Published Guides to Licensing

We have now published two guides to open data licensing to help you guide you through the process of opening up and reusing dataWe whilst avoiding any potential legal pitfalls.

They are:

These guides were produced with great help from Francis Davey, Leigh Dodds, Tony Hirst, and the anonymous commenters who contributed comments on the draft versions of the publisher's guide and reuser's guide on Crocodoc.

One major change to the guides from the draft version has been to remove a section that gave technical details about how to link a licence to a piece of content or data in a machine-readable way. This raised more questions than it answered:

  • what if there are separate licences that apply to the content and the data?
  • how should we reference a licence from JSON data?
  • how can we articulate complex attribution requirements in a machine-readable way?

We intend to start a separate piece of work that will unpack the technical issues in specifying licensing requirements for data.

Another area that is intentionally omitted from these guides is specific advice for public sector organisations.
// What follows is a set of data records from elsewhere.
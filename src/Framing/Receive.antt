-- ===== src/Framing/Receive.antt =====
-- `recv_all` of Protocols/Framing/Shared/Framing.cpp.
use tcp_simple_chat.Base.{
  ℕ, zero, suc, ◌+◌, ◌-◌, ◌≤◌, ◌<◌, ◌≡◌, refl, sym, ap, ◌∙◌, ◌⊎◌, inl, inr, List, [], ◌∷◌, ◌++◌,
  append_assoc, Bool, true, false, Option, some, arith, length, length-append, ltb, ltb→lt,
  Bool-cases,
}
use tcp_simple_chat.Net.{Net, RecvResult, got, recv_failed, is_retryable, ReceivesInOrder, StaysUp}
use tcp_simple_chat.Framing.{after_recv, recv_all}

module _ (net : Net) (s : ℕ) (unread : net.World → List ℕ) (retries : net.World → ℕ)
    (ordered : ReceivesInOrder net s unread retries) where
  open net use {World, recv}

  -- What a run from `buf` and `w` for `len` bytes returns: it ends, its bytes are the next ones of
  -- the stream, and on success there are `len` of them.
  abbrev pub Received : ℕ → List ℕ → World → Option (Bool × List ℕ × World) → Type 0
  Received len buf w r =
      (ok : Bool) × (out : List ℕ) × (w' : World) × (r ≡ some (ok, out, w'))
      × (buf ++ unread w ≡ out ++ unread w')
      × (length out ≤ len)
      × ((ok ≡ false) ⊎ (length out ≡ len))
      × (retries w' ≤ retries w)

  after_recv-Received :
      (again : World → List ℕ → Option (Bool × List ℕ × World)) (fuel len : ℕ) (buf : List ℕ)
      → ((v : World) (b : List ℕ)
          → length b ≤ len
          → (len - length b) + retries v < fuel
          → Received len b v (again v b))
      → (w w' : World) (r : RecvResult) → length buf < len
      → (len - length buf) + retries w < suc fuel
      → recv w s (len - length buf) ≡ (r, w')
      → Received len buf w (after_recv net s again buf r w')
  unfolding after_recv
  after_recv-Received again fuel len buf ih w w' (got []) h f e =
      let (order, small, tries) = ordered.in_order w w' _ [] e in
      (false, buf, w', refl, ap (◌++◌ buf) order, omega arith, inl refl, tries)
  after_recv-Received again fuel len buf ih w w' (got (b ∷ bs)) h f e =
      let (order, small, tries) = ordered.in_order w w' _ (b ∷ bs) e in
      let longer = length-append buf (b ∷ bs) in
      let (ok, out, v, run, kept, bounded, full, fewer) =
        ih w' (buf ++ b ∷ bs) (omega (arith, longer)) (omega (arith, longer)) in
      (
        ok,
        out,
        v,
        run,
        ap (◌++◌ buf) order ∙ sym (append_assoc buf (b ∷ bs) (unread w')) ∙ kept,
        bounded,
        full,
        omega arith,
      )
  after_recv-Received again fuel len buf ih w w' (recv_failed e') h f e =
      let (order, tries) = ordered.unchanged w w' _ e' e in
      elim (Bool-cases (is_retryable e')) [
        | inl yes' ↦
            let fall = ordered.retries_fall w w' _ e' e yes' in
            let (ok, out, v, run, kept, bounded, full, fewer) =
              ih w' buf (omega arith) (omega arith) in
            rw yes' (ok, out, v, run, ap (◌++◌ buf) order ∙ kept, bounded, full, omega arith)
        | inr no' ↦ rw no' (false, buf, w', refl, ap (◌++◌ buf) order, omega arith, inl refl, tries)
      ]

  -- Given fuel for the bytes that are missing and the retries, `recv_all` ends. Its buffer holds
  -- the next bytes of the stream, never more than `len`, and exactly `len` of them on success.
  pub recv_all-Received :
      (fuel : ℕ) (w : World) (buf : List ℕ) (len : ℕ)
      → length buf ≤ len
      → (len - length buf) + retries w < fuel
      → Received len buf w (recv_all net s fuel w buf len)
  unfolding recv_all
  recv_all-Received zero w buf len h f = absurd (omega arith)
  recv_all-Received (suc fuel) w buf len h f = elim (Bool-cases (ltb (length buf) len)) [
    | inl more ↦
        rw (more, recv_all)
          (after_recv-Received (λ v b. recv_all net s fuel v b len) fuel len buf
            (λ v b. recv_all-Received fuel v b len) w _ _ (ltb→lt _ _ more) f refl)
    | inr done ↦ rw (done, recv_all) (true, buf, w, refl, refl, h, inr (ground arith), omega arith)
  ]

  module _ (up : StaysUp net s unread) where
    -- The same where the connection stays up and the bytes come.
    abbrev pub ReceivedAll : ℕ → List ℕ → World → Option (Bool × List ℕ × World) → Type 0
    ReceivedAll len buf w r =
        (out : List ℕ) × (w' : World) × (r ≡ some (true, out, w'))
        × (buf ++ unread w ≡ out ++ unread w')
        × (length out ≡ len)
        × (retries w' ≤ retries w)

    after_recv-ReceivedAll :
        (again : World → List ℕ → Option (Bool × List ℕ × World)) (fuel len : ℕ) (buf : List ℕ)
        → ((v : World) (b : List ℕ)
            → length b ≤ len
            → len ≤ length b + length (unread v)
            → (len - length b) + retries v < fuel
            → ReceivedAll len b v (again v b))
        → (w w' : World) (r : RecvResult) → length buf < len
        → len ≤ length buf + length (unread w)
        → (len - length buf) + retries w < suc fuel
        → recv w s (len - length buf) ≡ (r, w')
        → ReceivedAll len buf w (after_recv net s again buf r w')
    unfolding after_recv
    after_recv-ReceivedAll again fuel len buf ih w w' (got []) h enough f e =
        absurd (omega (arith, ap length (up.no_close w w' _ (omega arith) e)))
    after_recv-ReceivedAll again fuel len buf ih w w' (got (b ∷ bs)) h enough f e =
        let (order, small, tries) = ordered.in_order w w' _ (b ∷ bs) e in
        let longer = length-append buf (b ∷ bs) in
        let left = ap length order ∙ length-append (b ∷ bs) (unread w') in
        let (out, v, run, kept, full, fewer) =
          ih w' (buf ++ b ∷ bs) (omega (arith, longer)) (omega (arith, longer, left))
            (omega (arith, longer)) in
        (
          out,
          v,
          run,
          ap (◌++◌ buf) order ∙ sym (append_assoc buf (b ∷ bs) (unread w')) ∙ kept,
          full,
          omega arith,
        )
    after_recv-ReceivedAll again fuel len buf ih w w' (recv_failed e') h enough f e =
        let (order, tries) = ordered.unchanged w w' _ e' e in
        let retry = up.no_fault w w' _ e' e (λ none_left. omega (arith, ap length none_left)) in
        let fall = ordered.retries_fall w w' _ e' e retry in
        let (out, v, run, kept, full, fewer) =
          ih w' buf (omega arith) (omega (arith, ap length order)) (omega arith) in
        rw retry (out, v, run, ap (◌++◌ buf) order ∙ kept, full, omega arith)

    -- On a connection that stays up and brings `len` bytes in all, `recv_all` succeeds.
    pub recv_all-ReceivedAll :
        (fuel : ℕ) (w : World) (buf : List ℕ) (len : ℕ)
        → length buf ≤ len
        → len ≤ length buf + length (unread w)
        → (len - length buf) + retries w < fuel
        → ReceivedAll len buf w (recv_all net s fuel w buf len)
    unfolding recv_all
    recv_all-ReceivedAll zero w buf len h enough f = absurd (omega arith)
    recv_all-ReceivedAll (suc fuel) w buf len h enough f =
        elim (Bool-cases (ltb (length buf) len)) [
          | inl more ↦
              rw (more, recv_all)
                (after_recv-ReceivedAll (λ v b. recv_all net s fuel v b len) fuel len buf
                  (λ v b. recv_all-ReceivedAll fuel v b len) w _ _ (ltb→lt _ _ more) enough f refl)
          | inr done ↦ rw (done, recv_all) (buf, w, refl, refl, ground arith, omega arith)
        ]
There are additional legal constraints on how the public sector publishes its information, including that released under Freedom of Information requests. Our aim is to create a separate guide on this in conjunction with ODUG.

The biggest addition to the drafts was around the question of attribution. Leigh Dodds has recently published a detailed analysis of how we attribute data that highlights some of the issues that reusers can find with overly complex attribution requirements. The guide for publishers now includes advice to keep things simple.
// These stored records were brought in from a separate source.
-- ===== src/Framing/Transmit.antt =====
-- `send_all` and `send_frame` of Protocols/Framing/Shared/Framing.cpp.
use tcp_simple_chat.Base.{
  ℕ, zero, suc, ◌+◌, ◌%◌, ◌^◌, ◌≤◌, ◌<◌, ◌≡◌, refl, sym, ap, ◌∙◌, ◌⊎◌, inl, inr, List, [], ◌∷◌,
  ◌++◌, append_assoc, append-nil, Bool, true, false, Option, some, arith, length, take, drop,
  length-drop, take-append-drop, take_all, Bool-cases,
}
use tcp_simple_chat.Net.{Net, SendResult, sent, send_failed, is_retryable, SendsInOrder}
use tcp_simple_chat.Framing.{
  Host, IsNetworkOrder, big_endian, int_length, after_send, send_all, send_payload, send_frame,
}

-- The bytes of a frame on the wire.
abbrev pub frame : List ℕ → List ℕ
frame payload = big_endian (length payload) ++ payload

module _ (net : Net) (s : ℕ) (written : net.World → List ℕ) (retries : net.World → ℕ)
    (ordered : SendsInOrder net s written retries) where
  open net use {World, send}

  -- The run ends; it wrote a first part of `data`, and all of it if it succeeded.
  abbrev pub Sent : List ℕ → World → Option (Bool × World) → Type 0
  Sent bytes w r =
      (ok : Bool) × (w' : World) × (part : List ℕ) × (rest : List ℕ) × (r ≡ some (ok, w'))
      × (written w' ≡ written w ++ part)
      × (bytes ≡ part ++ rest)
      × ((ok ≡ false) ⊎ (rest ≡ []))
      × (retries w' ≤ retries w)

  after_send-Sent :
      (again : World → List ℕ → Option (Bool × World)) (fuel : ℕ) (bytes : List ℕ)
      → ((v : World) (b : List ℕ) → length b + retries v < fuel → Sent b v (again v b))
      → (w w' : World) (r : SendResult) → 0 < length bytes
      → length bytes + retries w < suc fuel
      → send w s bytes ≡ (r, w')
      → Sent bytes w (after_send net s again bytes r w')
  unfolding after_send
  after_send-Sent again fuel bytes ih w w' (sent zero) h f e =
      let (put, small, tries) = ordered.appended w w' bytes zero e in
      (false, w', [], bytes, refl, put, refl, inl refl, tries)
  after_send-Sent again fuel bytes ih w w' (sent (suc n)) h f e =
      let (put, small, tries) = ordered.appended w w' bytes (suc n) e in
      let shorter = length-drop (suc n) bytes in
      let (ok, v, part, rest, run, out, split, full, fewer) =
        ih w' (drop (suc n) bytes) (omega (arith, shorter)) in
      (
        ok,
        v,
        take (suc n) bytes ++ part,
        rest,
        run,
        out ∙ ap (λ l. l ++ part) put ∙ append_assoc (written w) (take (suc n) bytes) part,
        sym (take-append-drop (suc n) bytes)
            ∙ ap (◌++◌ (take (suc n) bytes)) split
            ∙ sym (append_assoc (take (suc n) bytes) part rest),
        full,
        omega arith,
      )
  after_send-Sent again fuel bytes ih w w' (send_failed e') h f e =
      let (same, tries) = ordered.unchanged w w' bytes e' e in
      elim (Bool-cases (is_retryable e')) [
        | inl yes' ↦
            let fall = ordered.retries_fall w w' bytes e' e yes' in
            let (ok, v, part, rest, run, out, split, full, fewer) = ih w' bytes (omega arith) in
            rw yes'
              (ok, v, part, rest, run, out ∙ ap (λ l. l ++ part) same, split, full, omega arith)
        | inr no' ↦
            rw no' (false, w', [], bytes, refl, same ∙ sym (append-nil _), refl, inl refl, tries)
      ]

  -- Given fuel for the bytes and the retries, `send_all` ends, having written a first part of its
  -- bytes in order, and all of them if it returns true.
  pub send_all-Sent :
      (fuel : ℕ) (w : World) (bytes : List ℕ)
      → length bytes + retries w < fuel
      → Sent bytes w (send_all net s fuel w bytes)
  unfolding send_all
  send_all-Sent zero w bytes f = absurd (omega arith)
  send_all-Sent (suc fuel) w [] f =
      (true, w, [], [], refl, sym (append-nil _), refl, inr refl, omega arith)
  send_all-Sent (suc fuel) w (b ∷ bs) f =
      after_send-Sent (send_all net s fuel) fuel (b ∷ bs) (send_all-Sent fuel) w _ _ (omega arith) f
        refl

  module _ (host : Host) (order : IsNetworkOrder host) where
    payload_taken : (p : List ℕ) → length p < 2 ^ 31 → take (int_length (length p)) p ≡ p
    payload_taken p h = let e : int_length (length p) ≡ length p = ground arith in rw e (take_all p)

    send_payload-Sent :
        (fuel : ℕ) (w : World) (p : List ℕ)
        → length p < 2 ^ 31
        → length p + retries w < fuel
        → (r : Option (Bool × World)) → Sent (big_endian (length p)) w r
        → Sent (frame p) w (send_payload net s host fuel p r)
    unfolding send_payload
    send_payload-Sent fuel w p small f r (false, v, part, rest, run, out, split, full, fewer) =
        rw run (
          false,
          v,
          part,
          rest ++ p,
          refl,
          out,
          ap (λ l. l ++ p) split ∙ append_assoc part rest p,
          inl refl,
          fewer,
        )
    send_payload-Sent fuel w p small f r (true, v, part, rest, run, out, split, inl bad, fewer) = cc
    send_payload-Sent fuel w p small f r (true, v, part, rest, run, out, split, inr full, fewer) =
        let header : part ≡ big_endian (length p) =
          sym (append-nil part) ∙ ap (◌++◌ part) (sym full) ∙ sym split in
        let (ok, v', part', rest', run', out', split', full', fewer') =
          send_all-Sent fuel v p (omega arith) in
        rw (run, payload_taken p small)
          (
            ok,
            v',
            big_endian (length p) ++ part',
            rest',
            run',
            out'
                ∙ ap (λ l. l ++ part') (out ∙ ap (◌++◌ (written w)) header)
                ∙ append_assoc (written w) (big_endian (length p)) part',
            ap (◌++◌ (big_endian (length p))) split'
                ∙ sym (append_assoc (big_endian (length p)) part' rest'),
            full',
            omega arith,
          )

    -- Given fuel, sending a payload of 1 to 2 ^ 31 - 1 bytes ends. It wrote a first part of the
    -- frame, four bytes with the length in network order and then the payload, and all of the frame
    -- if `send_frame` returns true.
    pub send_frame-Sent :
        (fuel : ℕ) (w : World) (p : List ℕ)
        → 0 < length p
        → length p < 2 ^ 31
        → length p + 4 + retries w < fuel
        → Sent (frame p) w (send_frame net s host fuel w p)
    unfolding send_frame
    send_frame-Sent fuel w [] some' small f = elim some' [ ]
    send_frame-Sent fuel w (b ∷ bs) some' small f =
        let size = length (b ∷ bs) in
        let header : host.store (host.htonl (size % 2 ^ 32)) ≡ big_endian size =
          let same : size % 2 ^ 32 ≡ size = omega arith in
          rw same (order.store-htonl size (omega arith)) in
        rw header (
          send_payload-Sent fuel w (b ∷ bs) small (omega arith) _
            (send_all-Sent fuel w (big_endian size) (omega arith)))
The hardest comments to address were the "what if..." questions about scraping:

  • "What about scraping a collection of webpages that are generated from a database that you don't have access to? If eg each of the rows of a SQL database table are expressed in a templated HTML web page, and someone writes a scraper that recreates the database table, have they taken a copy of the database? Or have they created their own database? Would it depend on how they got the list of pages to scrape?​"
  • "This section talks about content and data largely separately. But one common form of republishing/derivation is taking content and turning into data. Scraping is the obvious case here."
  • "What about publishing analyses or the results of processing data? For example, VOSA vehicle recall stats are protected by Crown Copyright. What if I scrape and process the data and produce a list of top car manufacturers who have had prodcut recalls on matters related to brakes. Can I publish that ordered, processed list without having to go through copyright clearance?​"

One of the reasons that answering these questions is hard is because there has been very little case law — judgements by the courts about what legislation means, that would help to firm up the currently fuzzy boundaries. For example, it's not 100% known exactly what you have to do to have a database right in the first place. Nor is it known exactly what amount of extraction or types of reutilisation are lawful.

And this is the big reason why open data is helpful for reusers. If data is published as open data, you do not need to consult a knowledgeable lawyer about what you are doing to get the data you need, and then make a judgement about whether you're prepared to take the risk of a court case.

Publishing data as open data significantly lowers the legal overhead for both publishers and reusers, leaving more resources available for everyone to get the most value out of the data itself.